You looking forward to Triple Threat? Jesus, what an insanely good cast. Tony Jaa, Iko Uwais, Tiger Chen, Scott Adkins, Michael Jai White and Yanin Vismitananda among others. Should be able to cook up something quite magnificent with those in one and the same film.


----------



## MartialHorror (Jan 15, 2018)

Yeah. That better not suck, as that is the ultimate cast of martial artists.


----------



## MartialHorror (Jan 24, 2018)

So I just recently watched "*The Bride with White Hair (1993)*" and "*The Bride with White Hair II (1993)*". These films are kung fu fantasies that even flirts with adding 'horror' into their genre bending, so how can I not like the- er, the first one? "The Bride with White Hair" boasts a lot of twisted imagery, graphic violence and creative action scenes. Even though the romance comes out of nowhere, Leslie Cheung and Bridgette Lin have enough chemistry to overcome the thin writing. There are some flaws, such as a cheesy 5-minute love scene and a few unnecessary or underdeveloped subplots. I almost feel like director Ronnie Yu wanted this to be a much longer epic, but budget constraints restricted him to a 90 minute running-time and instead of cutting material out, he simply cut it down. The subplot with the traitorous general seemed especially pointless. Still a cool movie though, as long as you can accept the quirks of 1990's Hong Kong cinema.

3/4

"The Bride with White Hair II" has its moments, but it's mostly mediocre. The fight choreography is fine and the visual style of its predecessor is adequately replicated, even if watered down. I still appreciate the violence and the horror elements, but the editing is disjointed and the sappiness was even harder to swallow this time around. The biggest flaw though has to be with its cast. The new characters are all boring and the performers portraying them are mostly bland. Even worse, they feel like they're in the passengers seat in their own story, as Leslie Cheung's character from the first one shows up in the end and resolves the conflict for them...while they watch...Cheung only has a cameo and yet his reunion with Lin's titular Bride is so much more compelling than everything involving our two new lovebirds that you even forget they're even there! Nevertheless, the finale was pretty great and the crumbling set was a pretty breathtaking effect. While I wasn't really interested in the plights of the (new) characters, every other scene had some action and quasi-lesbian erotica, so I can't say "The Bride with White Hair 2" was boring. 

2/4


----------



## MartialHorror (Mar 23, 2018)

COMPULSIVE FRANCHISE DISORDER- ""

"Undisputed" was that 'boxing in a prison' movie that came out in 2002, where the marketing campaign REALLY tried to sell audiences on its climactic fight between Ving Rhames and Wesley Snipes...but then no one cared and the movie bombed...So how did it become a 4-film franchise? And how did it become so...well...AWESOME!? The sequels star Scott Adkins and Michael Jai White, two of the best martial arts performers in the west.

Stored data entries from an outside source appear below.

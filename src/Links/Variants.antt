-- ===== src/Links/Variants.antt =====
-- shared/ab_variants.py, `pick_variant`: a roll in 0..99 chooses a destination by weight.
use spoo.Base.{
  ℕ, zero, suc, ◌+◌, ◌-◌, ◌≤◌, ◌<◌, ◌≡◌, ◌∙◌, refl, ap, Bool, false, ◌&&◌, Option, none, some, List,
  [], ◌∷◌, inl, inr, arith, leb, ltb, ◌==◌, if◌then◌else◌, Bool-cases, is_none, length,
}
use Prim.Native.Nat.{min}
use spoo.Links.{AbVariant}

-- The loop, from an index and the ceiling so far.
abbrev pub pick_from : ℕ → ℕ → List AbVariant → ℕ → Option ℕ
pick_from ceiling index [] roll = none
pick_from ceiling index (v ∷ vs) roll =
    let later = pick_from (ceiling + v.weight) (index + 1) vs roll in
    if ltb roll (ceiling + v.weight) then some index else later

unfoldable pub pick_variant : List AbVariant → ℕ → Option ℕ
pick_variant variants roll = pick_from 0 0 variants roll

-- The weights before an index, and the weight at it.
abbrev pub before : ℕ → List AbVariant → ℕ
before zero vs = 0
before (suc n) [] = 0
before (suc n) (v ∷ vs) = v.weight + before n vs

abbrev pub weight_at : ℕ → List AbVariant → ℕ
weight_at n [] = 0
weight_at zero (v ∷ vs) = v.weight
weight_at (suc n) (v ∷ vs) = weight_at n vs

abbrev pub is_choice : ℕ → Option ℕ → Bool
is_choice n none = false
is_choice n (some m) = m == n

-- The rolls below `n` with a property.
abbrev pub count_rolls : (ℕ → Bool) → ℕ → ℕ
count_rolls p zero = 0
count_rolls p (suc n) = (if p n then 1 else 0) + count_rolls p n

pick_from-later :
    (ceiling index n : ℕ) (vs : List AbVariant) (roll : ℕ)
    → n < index
    → is_choice n (pick_from ceiling index vs roll) ≡ false
pick_from-later ceiling index n [] roll less = refl
pick_from-later ceiling index n (v ∷ vs) roll less =
    ground (arith, pick_from-later (ceiling + v.weight) (index + 1) n vs roll (omega (arith, less)))

-- A variant is chosen exactly in its band.
pick_from-band :
    (ceiling index n : ℕ) (vs : List AbVariant) (roll : ℕ)
    → ceiling ≤ roll
    → is_choice (index + n) (pick_from ceiling index vs roll)
      ≡ (leb (ceiling + before n vs) roll && ltb roll (ceiling + before n vs + weight_at n vs))
pick_from-band ceiling index n [] roll above = ground arith
pick_from-band ceiling index zero (v ∷ vs) roll above =
    ground
      (arith, above, pick_from-later (ceiling + v.weight) (index + 1) index vs roll (omega arith))
pick_from-band ceiling index (suc n) (v ∷ vs) roll above =
    elim (Bool-cases (ltb roll (ceiling + v.weight))) [
      | inl under ↦ ground (arith, under)
      | inr over ↦ ground (
        arith,
        over,
        pick_from-band (ceiling + v.weight) (index + 1) n vs roll (ground (arith, over)),
      )
    ]

count_rolls-band :
    (low width n : ℕ)
    → count_rolls (λ r. leb low r && ltb r (low + width)) n ≡ min (low + width) n - min low n
count_rolls-band low width zero = ground arith
count_rolls-band low width (suc n) = ground (arith, count_rolls-band low width n)

count_rolls-eq :
    (p q : ℕ → Bool) (n : ℕ) → ((r : ℕ) → p r ≡ q r) → count_rolls p n ≡ count_rolls q n
count_rolls-eq p q zero same = refl
count_rolls-eq p q (suc n) same =
    let bit : Bool → ℕ = λ b. if b then 1 else 0 in
    let one : bit (p n) ≡ bit (q n) = ap bit (same n) in
    omega (arith, one, count_rolls-eq p q n same)

before-weight_at :
    (n : ℕ) (vs : List AbVariant) → before n vs + weight_at n vs ≤ before (length vs) vs
before-weight_at zero [] = omega arith
before-weight_at (suc n) [] = omega arith
before-weight_at zero (v ∷ vs) = omega arith
before-weight_at (suc n) (v ∷ vs) = omega (arith, before-weight_at n vs)

-- No variant is chosen exactly from the sum of the weights on.
pick_from-none :
    (ceiling index : ℕ) (vs : List AbVariant) (roll : ℕ)
    → ceiling ≤ roll
    → is_none (pick_from ceiling index vs roll) ≡ leb (ceiling + before (length vs) vs) roll
pick_from-none ceiling index [] roll above = ground arith
pick_from-none ceiling index (v ∷ vs) roll above =
    elim (Bool-cases (ltb roll (ceiling + v.weight))) [
      | inl under ↦ ground (arith, under)
      | inr over ↦ ground (
        arith,
        over,
        pick_from-none (ceiling + v.weight) (index + 1) vs roll (ground (arith, over)),
      )
    ]

count_rolls-above : (low n : ℕ) → count_rolls (λ r. leb low r) n ≡ n - low
count_rolls-above low zero = ground arith
count_rolls-above low (suc n) = ground (arith, count_rolls-above low n)

-- The split. Where the weights sum to at most 100, exactly as many of the 100 rolls choose a variant
-- as its weight says, and the others leave the default destination.
pub pick_variant-weight_at :
    (vs : List AbVariant) (n : ℕ)
    → before (length vs) vs ≤ 100
    → (count_rolls (λ r. is_choice n (pick_variant vs r)) 100 ≡ weight_at n vs)
      × (count_rolls (λ r. is_none (pick_variant vs r)) 100 ≡ 100 - before (length vs) vs)
unfolding pick_variant
pick_variant-weight_at vs n bounded =
    let low = before n vs in
    let width = weight_at n vs in
    let total = before (length vs) vs in
    (
      count_rolls-eq (λ r. is_choice n (pick_variant vs r)) (λ r. leb low r && ltb r (low + width))
            100 (λ r. ground (arith, pick_from-band 0 0 n vs r (omega arith)))
          ∙ count_rolls-band low width 100
          ∙ omega (arith, bounded, before-weight_at n vs),
      count_rolls-eq (λ r. is_none (pick_variant vs r)) (λ r. leb total r) 100
            (λ r. ground (arith, pick_from-none 0 0 vs r (omega arith)))
          ∙ count_rolls-above total 100,
    )
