-- ===== src/Links/Redirect.antt =====
-- routes/redirect_routes.py, `redirect_url`: what a request is answered once its code is resolved.
-- The user agent matchers, the check of an argon2 hash, the country lookup, the roll and what the
-- click sink answers are arguments; the country of the header comes stripped and in capitals.
-- Left out: rendering of the pages and headers other than Cache-Control.
use spoo.Base.{
  ℕ, zero, suc, String, Bool, true, false, ◌&&◌, ◌||◌, not, Option, none, some, List, [], ◌∷◌,
  Result, ok, err, str_eq, is_none, if◌then◌else◌,
}
use spoo.Links.{UrlCacheData, AbVariant, SchemaVersion, is_v2}
use spoo.Links.Cached.{
  truthy, ResolveError, not_found, blocked_url, gone, expired_redirect, not_yet_live,
}
use spoo.Links.Variants.{pick_variant}

pub record Visit : Type 0 where
  pub method : String
  pub user_agent : String
  pub bot_param : Bool
  pub password : Option String
  pub header_country : Option String
  pub roll : ℕ

pub record Classifiers : Type 0 where
  pub is_preview_agent : String → Bool
  pub is_bot_request : String → Bool
  pub verify_hash : String → String → Bool
  pub country_of_ip : Option String
  -- the inline sink raised ForbiddenError
  pub sink_forbids : Bool

-- The pages by their status, the two fallbacks, and the redirect with whether it may be stored.
pub data Response : Type 0 where
  not_found_page blocked_page gone_page not_yet_live_page password_page preview_page
        forbidden_page :
      Response
  fallback : String → Response
  redirect : String → Bool → Response

unfoldable pub on_error : ResolveError → Response
on_error not_found = not_found_page
on_error blocked_url = blocked_page
on_error gone = gone_page
on_error (expired_redirect url) = fallback url
on_error (not_yet_live url) = elim (truthy url) [ none ↦ not_yet_live_page | some u ↦ fallback u ]

-- `verify_password`: argon2 for v2, plain text before.
unfoldable pub verify_password : (String → String → Bool) → UrlCacheData → Option String → Bool
verify_password verify_hash link password = elim (truthy link.password_hash) [
  | none ↦ true
  | some hash ↦ elim password [
    | none ↦ false
    | some p ↦ if is_v2 link.schema_version then verify_hash p hash else str_eq p hash
  ]
]

unfoldable pub wants_preview : Classifiers → Visit → Bool
wants_preview c v =
    (v.bot_param || str_eq v.method "HEAD")
    || (not (str_eq v.user_agent "") && c.is_preview_agent v.user_agent)

abbrev pub is_untracked : String → Bool
is_untracked method = str_eq method "HEAD" || str_eq method "OPTIONS"

unfoldable pub should_block_bot : Classifiers → Visit → UrlCacheData → SchemaVersion → Bool
should_block_bot c v link schema =
    not (is_untracked v.method)
    && (not (str_eq v.user_agent "")
        && (link.block_bots && (not (is_v2 schema) && c.is_bot_request v.user_agent)))

-- An entry of a dictionary.
abbrev pub entry : List (String × String) → String → Option String
entry [] k = none
entry ((j, u) ∷ rules) k = if str_eq j k then some u else entry rules k

abbrev pub rules_of : UrlCacheData → List (String × String)
rules_of link = elim link.geo_rules [ none ↦ [] | some rules ↦ rules ]

abbrev pub variants_of : UrlCacheData → List AbVariant
variants_of link = elim link.ab_variants [ none ↦ [] | some vs ↦ vs ]

-- The header's country, else the one of the address.
abbrev pub country : Classifiers → Visit → Option String
country c v = elim (truthy v.header_country) [ none ↦ truthy c.country_of_ip | some k ↦ some k ]

-- The rule of the visitor's country.
abbrev pub matched_rule : List (String × String) → Option String → Option String
matched_rule rules none = none
matched_rule rules (some k) = entry rules k

abbrev pub url_at : List AbVariant → ℕ → String → String
url_at [] n default_url = default_url
url_at (v ∷ vs) zero default_url = v.url
url_at (v ∷ vs) (suc n) default_url = url_at vs n default_url

-- A chosen variant's destination, else the default one.
abbrev pub split : List AbVariant → Option ℕ → String → String
split vs none default_url = default_url
split vs (some n) default_url = url_at vs n default_url

-- A matched country decides; the split is for the others.
abbrev pub destination_of : Option String → UrlCacheData → ℕ → String
destination_of (some url) link roll = url
destination_of none link roll =
    split (variants_of link) (pick_variant (variants_of link) roll) link.long_url

unfoldable pub destination : Classifiers → Visit → UrlCacheData → String
destination c v link = destination_of (matched_rule (rules_of link) (country c v)) link v.roll

abbrev pub is_empty {ℓ} : {A : Type ℓ} → List A → Bool
is_empty [] = true
is_empty (x ∷ xs) = false

-- A resolved link: the preview before the password, the password before the bots, and the click
-- before the redirect.
unfoldable pub serve : Classifiers → Visit → UrlCacheData → SchemaVersion → Response
serve c v link schema =
    if not (is_none link.meta_title) && (is_v2 schema && wants_preview c v)
    then preview_page
    else if not (verify_password c.verify_hash link v.password)
    then password_page
    else if should_block_bot c v link schema
    then forbidden_page
    else if not (is_untracked v.method) && c.sink_forbids
    then forbidden_page
    else redirect (destination c v link) (is_empty (rules_of link) && is_empty (variants_of link))

unfoldable pub redirect_url :
    Classifiers → Visit → Result ResolveError (UrlCacheData × SchemaVersion) → Response
unfolding serve on_error
redirect_url c v (err e) = on_error e
redirect_url c v (ok (link, schema)) = serve c v link schema
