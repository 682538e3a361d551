-- ===== src/Links/Visits.antt =====
-- What a redirect of routes/redirect_routes.py, `redirect_url`, needs, and where it goes.
use spoo.Base.{
  ℕ, zero, suc, String, ◌≡◌, ◌⊎◌, ◌∙◌, refl, sym, ap, subst, Bool, true, false, ◌&&◌, not, Option,
  none, some, List, [], ◌∷◌, inl, inr, Result, ok, err, arith, str_eq, eq_iff, Bool-cases,
  Option-cases, is_none, if◌then◌else◌, and-eq-true,
}
use spoo.Links.{UrlCacheData, AbVariant, SchemaVersion, is_v2}
use spoo.Links.Cached.{
  truthy, ResolveError, not_found, blocked_url, gone, expired_redirect, not_yet_live,
}
use spoo.Links.Variants.{pick_variant}
use spoo.Links.Redirect.{
  Visit, Classifiers, Response, preview_page, password_page, forbidden_page, redirect, on_error,
  verify_password, wants_preview, is_untracked, should_block_bot, entry, rules_of, variants_of,
  country, matched_rule, url_at, split, destination_of, destination, is_empty, serve, redirect_url,
}

-- A url of some rule, and of some variant.
abbrev pub IsRuleUrl : String → List (String × String) → Type 0
IsRuleUrl u [] = ⊥
IsRuleUrl u ((k, w) ∷ rules) = (u ≡ w) ⊎ IsRuleUrl u rules

abbrev pub IsVariantUrl : String → List AbVariant → Type 0
IsVariantUrl u [] = ⊥
IsVariantUrl u (v ∷ vs) = (u ≡ v.url) ⊎ IsVariantUrl u vs

-- One of the destinations that the owner gave the link.
abbrev pub IsDestination : String → UrlCacheData → Type 0
IsDestination u link =
    (u ≡ link.long_url) ⊎ (IsRuleUrl u (rules_of link) ⊎ IsVariantUrl u (variants_of link))

entry-IsRuleUrl :
    (rules : List (String × String)) (k u : String) → entry rules k ≡ some u → IsRuleUrl u rules
entry-IsRuleUrl [] k u h = ground (arith, h)
entry-IsRuleUrl ((j, w) ∷ rules) k u h = elim (Bool-cases (str_eq j k)) [
  | inl here ↦ inl (ground (arith, here, h))
  | inr there ↦ inr (entry-IsRuleUrl rules k u (ground (arith, there, h)))
]

matched_rule-IsRuleUrl :
    (rules : List (String × String)) (o : Option String) (u : String)
    → matched_rule rules o ≡ some u
    → IsRuleUrl u rules
matched_rule-IsRuleUrl rules none u h = ground (arith, h)
matched_rule-IsRuleUrl rules (some k) u h = entry-IsRuleUrl rules k u h

url_at-IsVariantUrl :
    (vs : List AbVariant) (n : ℕ) (other : String)
    → (url_at vs n other ≡ other) ⊎ IsVariantUrl (url_at vs n other) vs
url_at-IsVariantUrl [] n other = inl refl
url_at-IsVariantUrl (v ∷ vs) zero other = inr (inl refl)
url_at-IsVariantUrl (v ∷ vs) (suc n) other = elim (url_at-IsVariantUrl vs n other) [
  | inl same ↦ inl same
  | inr later ↦ inr (inr later)
]

split-IsVariantUrl :
    (vs : List AbVariant) (o : Option ℕ) (other : String)
    → (split vs o other ≡ other) ⊎ IsVariantUrl (split vs o other) vs
split-IsVariantUrl vs none other = inl refl
split-IsVariantUrl vs (some n) other = url_at-IsVariantUrl vs n other

destination-IsDestination :
    (c : Classifiers) (v : Visit) (link : UrlCacheData) → IsDestination (destination c v link) link
unfolding destination
destination-IsDestination c v link =
    go (matched_rule (rules_of link) (country c v))
      (λ u h. matched_rule-IsRuleUrl (rules_of link) (country c v) u h)
  where
    go :
        (o : Option String)
        → ((u : String) → o ≡ some u → IsRuleUrl u (rules_of link))
        → IsDestination (destination_of o link v.roll) link
    go (some u) rule = inr (inl (rule u refl))
    go none rule =
        elim (split-IsVariantUrl (variants_of link) (pick_variant (variants_of link) v.roll)
          link.long_url) [ inl same ↦ inl same | inr variant ↦ inr (inr variant) ]

on_error-redirect :
    (e : ResolveError) (u : String) (store : Bool) → on_error e ≡ redirect u store → ⊥
unfolding on_error
on_error-redirect not_found u store h = ground (arith, h)
on_error-redirect blocked_url u store h = ground (arith, h)
on_error-redirect gone u store h = ground (arith, h)
on_error-redirect (expired_redirect url) u store h = ground (arith, h)
on_error-redirect (not_yet_live url) u store h = elim (Option-cases (truthy url)) [
  | inl page ↦ ground (arith, page, h)
  | inr (w, away) ↦ ground (arith, away, h)
]

is_empty-nil {ℓ} : {A : Type ℓ} (xs : List A) → is_empty xs ≡ true → xs ≡ []
is_empty-nil [] h = refl
is_empty-nil (x ∷ xs) h = absurd (ground (arith, h))

matched_rule-none : (o : Option String) → matched_rule [] o ≡ none
matched_rule-none none = refl
matched_rule-none (some k) = refl

-- A link without rules and variants has one destination.
sole-destination :
    (c : Classifiers) (v : Visit) (link : UrlCacheData)
    → (is_empty (rules_of link) && is_empty (variants_of link)) ≡ true
    → destination c v link ≡ link.long_url
unfolding destination pick_variant
sole-destination c v link h =
    let (no_rules, no_variants) =
      and-eq-true (is_empty (rules_of link)) (is_empty (variants_of link)) h in
    let unmatched : matched_rule (rules_of link) (country c v) ≡ none =
      ap (λ rules. matched_rule rules (country c v)) (is_empty-nil (rules_of link) no_rules)
      ∙ matched_rule-none (country c v) in
    ap (λ o. destination_of o link v.roll) unmatched
    ∙ ap (λ vs. split vs (pick_variant vs v.roll) link.long_url)
        (is_empty-nil (variants_of link) no_variants)

-- What a redirect says of a bot: a link of the older generations that blocks bots answers a known bot
-- only where the request is not tracked or names no agent; for a link of the second generation the
-- answer is the same to a bot as to anyone, whether the link blocks bots or not.
abbrev pub Meets : Classifiers → Visit → UrlCacheData → SchemaVersion → Response → Type 0
Meets c v link schema answer =
    (link.block_bots ≡ true
      → is_v2 schema ≡ false
      → c.is_bot_request v.user_agent ≡ true
      → (is_untracked v.method ≡ true) ⊎ (v.user_agent ≡ ""))
    × (is_v2 schema ≡ true
        → (b : Bool)
        → redirect_url (record c { is_bot_request = λ agent. b }) v (ok (link, schema)) ≡ answer)

meets :
    (c : Classifiers) (v : Visit) (link : UrlCacheData) (schema : SchemaVersion) (u : String)
    (store : Bool)
    → redirect_url c v (ok (link, schema)) ≡ redirect u store
    → should_block_bot c v link schema ≡ false
    → Meets c v link schema (redirect u store)
unfolding redirect_url serve should_block_bot destination wants_preview
meets c v link schema u store h human = (
  λ blocks old bot. elim (Bool-cases (is_untracked v.method)) [
    | inl untracked ↦ inl untracked
    | inr tracked ↦ inr (unnamed blocks old bot tracked)
  ],
  λ two b. ap after_bots (free two b ∙ sym human) ∙ h,
)
  where
    -- The rest of the chain, by whether the visitor is blocked.
    after_bots : Bool → Response
    after_bots blocked =
        if not (is_none link.meta_title) && (is_v2 schema && wants_preview c v)
        then preview_page
        else if not (verify_password c.verify_hash link v.password)
        then password_page
        else if blocked
        then forbidden_page
        else if not (is_untracked v.method) && c.sink_forbids
        then forbidden_page
        else redirect (destination c v link)
            (is_empty (rules_of link) && is_empty (variants_of link))

    free :
        is_v2 schema ≡ true
        → (b : Bool)
        → should_block_bot (record c { is_bot_request = λ agent. b }) v link schema ≡ false
    free two b = ground (arith, two)

    unnamed :
        link.block_bots ≡ true
        → is_v2 schema ≡ false
        → c.is_bot_request v.user_agent ≡ true
        → is_untracked v.method ≡ false
        → v.user_agent ≡ ""
    unnamed blocks old bot tracked = elim (Bool-cases (str_eq v.user_agent "")) [
      | inl empty ↦ (eq_iff v.user_agent "").0 empty
      | inr named ↦ absurd (ground (arith, blocks, old, bot, tracked, named, human))
    ]

-- A redirect keeps the owner's rules. Whatever the matchers, the country, the roll and the click sink
-- say, a redirect goes to a destination that the owner gave the resolved link, with its password
-- given if it has one, and an answer that may be stored goes to the link's default destination. A
-- link of the older generations that blocks bots redirects a known bot only where the request is a
-- HEAD or OPTIONS or names no agent; a link of the second generation redirects a bot like anyone,
-- also where it blocks bots.
pub redirect_url-IsDestination :
    (c : Classifiers) (v : Visit) (r : Result ResolveError (UrlCacheData × SchemaVersion))
    (u : String) (store : Bool)
    → redirect_url c v r ≡ redirect u store
    → (link : UrlCacheData) × (schema : SchemaVersion) × (r ≡ ok (link, schema))
      × IsDestination u link
      × (verify_password c.verify_hash link v.password ≡ true)
      × Meets c v link schema (redirect u store)
      × (store ≡ true → u ≡ link.long_url)
unfolding redirect_url serve
redirect_url-IsDestination c v (err e) u store h = absurd (on_error-redirect e u store h)
redirect_url-IsDestination c v (ok (link, schema)) u store h =
    elim (Bool-cases (not (is_none link.meta_title) && (is_v2 schema && wants_preview c v))) [
      | inl preview ↦ absurd (ground (arith, preview, h))
      | inr plain ↦ elim (Bool-cases (verify_password c.verify_hash link v.password)) [
        | inr wrong ↦ absurd (ground (arith, plain, wrong, h))
        | inl right ↦ elim (Bool-cases (should_block_bot c v link schema)) [
          | inl bot ↦ absurd (ground (arith, plain, right, bot, h))
          | inr human ↦ elim (Bool-cases (not (is_untracked v.method) && c.sink_forbids)) [
            | inl forbidden ↦ absurd (ground (arith, plain, right, human, forbidden, h))
            | inr emitted ↦
                let store_of = is_empty (rules_of link) && is_empty (variants_of link) in
                let there : redirect (destination c v link) store_of ≡ redirect u store =
                  ground (arith, plain, right, human, emitted, h) in
                let to_url : destination c v link ≡ u = ground (arith, there) in
                let storable : store_of ≡ store = ground (arith, there) in
                (
                  link,
                  schema,
                  refl,
                  subst (λ w. IsDestination w link) to_url (destination-IsDestination c v link),
                  right,
                  meets c v link schema u store h human,
                  λ stored. sym to_url ∙ sole-destination c v link (storable ∙ stored),
                )
          ]
        ]
      ]
    ]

We address why this became a franchise, how it became a favorite among martial arts fans and more in my review series, which includes critiques of
- "Undisputed (2002)"
- "Undisputed 2: Last Man Standing (2006)"
- "Undisputed 3: Redemption (2010)"
- "Boyka: Undisputed 4 (2017)"


----------



## Kansas City Kipchaks Point Guard (Mar 25, 2018)

MartialHorror said:


> COMPULSIVE FRANCHISE DISORDER- ""
> 
> "Undisputed" was that 'boxing in a prison' movie that came out in 2002, where the marketing campaign REALLY tried to sell audiences on its climactic fight between Ving Rhames and Wesley Snipes...but then no one cared and the movie bombed...So how did it become a 4-film franchise? And how did it become so...well...AWESOME!? The sequels star Scott Adkins and Michael Jai White, two of the best martial arts performers in the west.
> 
> ...


Fuck me you really are the guy i unsubbed on youtube after going SJW on me. You still got hair? Which one is that move about Romans in the Far East only you like in the world and i am intrigued by?

Reactions: Funny 1


----------



## MartialHorror (Mar 25, 2018)

The Kamal Haasan Crazy Hour said:


> Fuck me you really are the guy i unsubbed on youtube after going SJW on me. You still got hair? Which one is that move about Romans in the Far East only you like in the world and i am intrigued by?



....huh?

I shave my head daily. As for the movie, "Dragon Blade"? I didn't really care for that one, but it's the only 'Romans in the Far East' movie I can think of off the top of my head.


----------



## Kansas City Kipchaks Point Guard (Mar 25, 2018)

MartialHorror said:


> ....huh?
> 
> I shave my head daily. As for the movie, "Dragon Blade"? I didn't really care for that one, but it's the only 'Romans in the Far East' movie I can think of off the top of my head.


You are not this guy?

Reactions: Funny 1


----------



## MartialHorror (Mar 25, 2018)

The Kamal Haasan Crazy Hour said:


> You are not this guy?



Oh, I am. I stopped making videos a few years ago, but I don't know what movie you're talking about.


----------



## Uncle Acid (Mar 26, 2018)

MartialHorror said:


> COMPULSIVE FRANCHISE DISORDER- ""
> 
> "Undisputed" was that 'boxing in a prison' movie that came out in 2002, where the marketing campaign REALLY tried to sell audiences on its climactic fight between Ving Rhames and Wesley Snipes...but then no one cared and the movie bombed...So how did it become a 4-film franchise? And how did it become so...well...AWESOME!? The sequels star Scott Adkins and Michael Jai White, two of the best martial arts performers in the west.
> 
> ...



Yes! A rare examples on a franchise that got better and better, with the fourth fucking entry being the absolute best. Can we hope for more Undisputed films?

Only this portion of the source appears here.